#### Try it:
Copy out each line in the listing below where the word "index" appears.

----- Data to examine

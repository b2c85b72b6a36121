-- ===== src/Pmm/Sweep/Align.antt =====
-- The alignment of pointers, as arithmetic.
use bare_metal_programming.Prelude.{
  ℕ, ◌+◌, ◌-◌, ◌*◌, ◌/◌, ◌%◌, ◌≤◌, ◌<◌, ◌^◌, ◌≡◌, sym, ◌∙◌, ap, arith, bit_and, min, test_bit, ltb,
  false, not, ◌&&◌, if◌then◌else◌, complement, Bool-cases, inl, inr, test_bit_ext, test_bit-bit_and,
  test_bit-complement, test_bit-ones, test_bit-shl, test_bit-shr, bit_and-le,
}
use native.Mathlib.Nat.{pow-le-pow_right, div-mul-le_self, one-le-pow}
use bare_metal_programming.Pmm.Sweep.Pointers.{up_to, down}
use bare_metal_programming.Pmm.Sweep.{align_down, align_up, get_best_aligned_address, aligned_end}

-- Clearing the `k` low bits.
pub bit_and-high :
    (w k x : ℕ)
    → k ≤ w
    → 2 ^ k ≤ 2 ^ w
    → x < 2 ^ w
    → bit_and x (complement w (2 ^ k - 1)) ≡ x / 2 ^ k * 2 ^ k
bit_and-high w k x hk hp h =
    test_bit_ext w (bit_and x (complement w (2 ^ k - 1))) (x / 2 ^ k * 2 ^ k)
      (omega (arith, bit_and-le w x (complement w (2 ^ k - 1)) h))
      (omega (arith, div-mul-le_self x (2 ^ k))) bits
  where
    bits :
        (i : ℕ)
        → i < w
        → test_bit (bit_and x (complement w (2 ^ k - 1))) i ≡ test_bit (x / 2 ^ k * 2 ^ k) i
    bits i q =
        test_bit-bit_and i x (complement w (2 ^ k - 1))
        ∙ ap (λ t. test_bit x i && t)
            (test_bit-complement w (2 ^ k - 1) i (omega (arith, hp, one-le-pow k 2 (omega arith))) q
              ∙ ap not (test_bit-ones k i))
        ∙ masked
        ∙ sym (test_bit-shl k (x / 2 ^ k) i)
      where
        masked :
            (test_bit x i && not (ltb i k))
            ≡ (if ltb i k then false else test_bit (x / 2 ^ k) (i - k))
        masked = elim (Bool-cases (ltb i k)) [
          | inl low ↦ rw low (ground arith)
          | inr high ↦
              let index : k + (i - k) ≡ i = ground arith in
              rw (high, test_bit-shr k x (i - k), index) (ground arith)
        ]

module _ (k : ℕ) (small : k ≤ 5) where
  power_bound : (1 ≤ 2 ^ k) × (2 ^ k ≤ 2 ^ 5) × (2 ^ k ≤ 2 ^ 32)
  power_bound = (
    one-le-pow k 2 (omega arith),
    pow-le-pow_right (omega arith) small,
    pow-le-pow_right {n = 2} (omega arith) {i = k} {j = 32} (omega arith),
  )

  pub align_down_lem : (p : ℕ) → p < 2 ^ 32 → align_down p (2 ^ k - 1) ≡ p / 2 ^ k * 2 ^ k
  unfolding align_down
  align_down_lem p h = bit_and-high 32 k p (omega arith) power_bound.2 h

  -- The least of the next boundary and the last one before the end.
  pub aligned_end_lem :
      (p end_ : ℕ)
      → p + 32 < 2 ^ 32
      → end_ < 2 ^ 32
      → aligned_end p end_ (2 ^ k - 1)
        ≡ min ((p + (2 ^ k - 1)) / 2 ^ k * 2 ^ k) (end_ / 2 ^ k * 2 ^ k)
  unfolding aligned_end align_up get_best_aligned_address
  aligned_end_lem p end_ h q =
      let no_wrap : (p + (2 ^ k - 1)) % 2 ^ 32 ≡ p + (2 ^ k - 1) = omega (arith, power_bound) in
      rw
        (
          no_wrap,
          align_down_lem (p + (2 ^ k - 1)) (omega (arith, power_bound)),
          align_down_lem end_ q,
        )
        (ground arith)

-- Where the ends of the stages lie, for an end pointer that leaves room for the alignment.
module _ (end_ : ℕ) (room : end_ + 32 < 2 ^ 32) (k : ℕ) (small : k ≤ 5) where
  pub up_target :
      (p : ℕ)
      → p ≤ end_
      → (aligned_end p end_ (2 ^ k - 1) ≡ up_to (2 ^ k) p end_) × (up_to (2 ^ k) p end_ ≤ end_)
  up_target p h = (
    aligned_end_lem k small p end_ (omega arith) (omega arith),
    omega (arith, div-mul-le_self end_ (2 ^ k)),
  )

  pub down_target :
      (p : ℕ)
      → p ≤ end_
      → (align_down end_ (2 ^ k - 1) ≡ down (2 ^ k) end_) × (down (2 ^ k) end_ ≤ end_)
  down_target p h = (align_down_lem k small end_ (omega arith), div-mul-le_self end_ (2 ^ k))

----------

#### Completed task:
              let index : k + (i - k) ≡ i = ground arith in
              rw (high, test_bit-shr k x (i - k), index) (ground arith)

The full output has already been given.